**Task goal**
Copy all lines below that use the word "WireRuns".

**Dataset content**
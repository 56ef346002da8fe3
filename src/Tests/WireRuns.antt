-- ===== src/Tests/WireRuns.antt =====
-- The theorems on infrastructure/protowire at a concrete input.
use mathlib.Core.Path.{◌≡◌, refl}
use mathlib.Core.Logic.{◌≢◌}
use codeburn_watcher.Prelude.{ℕ, some, List, [], ◌∷◌, arith, map}
use codeburn_watcher.Wire.{decode_message, done, stuck, read_varint, uvarint_loop}
use codeburn_watcher.Wire.Decode.{decode_message-ne-stuck}
use codeburn_watcher.Wire.RoundTrip.{
  Value, varint, fixed64, bytes, encode_message, field_of, decode_message-encode,
}

abbrev fields : List (ℕ × Value)
fields = (1, varint 300) ∷ (2, bytes (7 ∷ 8 ∷ 9 ∷ [])) ∷ (3, fixed64 1_000_000_007) ∷ []

decode_message-encode_example : decode_message (encode_message fields) ≡ done (map field_of fields)
decode_message-encode_example = decode_message-encode fields (ground arith)

decode_message-ne-stuck_example : decode_message (10 ∷ 200 ∷ 1 ∷ []) ≢ stuck
decode_message-ne-stuck_example = decode_message-ne-stuck (10 ∷ 200 ∷ 1 ∷ [])

-- The length 2 ^ 63.
abbrev long : List ℕ
long = 128 ∷ 128 ∷ 128 ∷ 128 ∷ 128 ∷ 128 ∷ 128 ∷ 128 ∷ 128 ∷ 1 ∷ []

read_tag : read_varint (10 ∷ long) ≡ some (10, long)
unfolding read_varint uvarint_loop
read_tag = refl

read_long : read_varint long ≡ some (9_223_372_036_854_775_808, [])
unfolding read_varint uvarint_loop
read_long = refl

**Response**
filename src/Tests/WireRuns.antt
-- ===== src/Tests/WireRuns.antt =====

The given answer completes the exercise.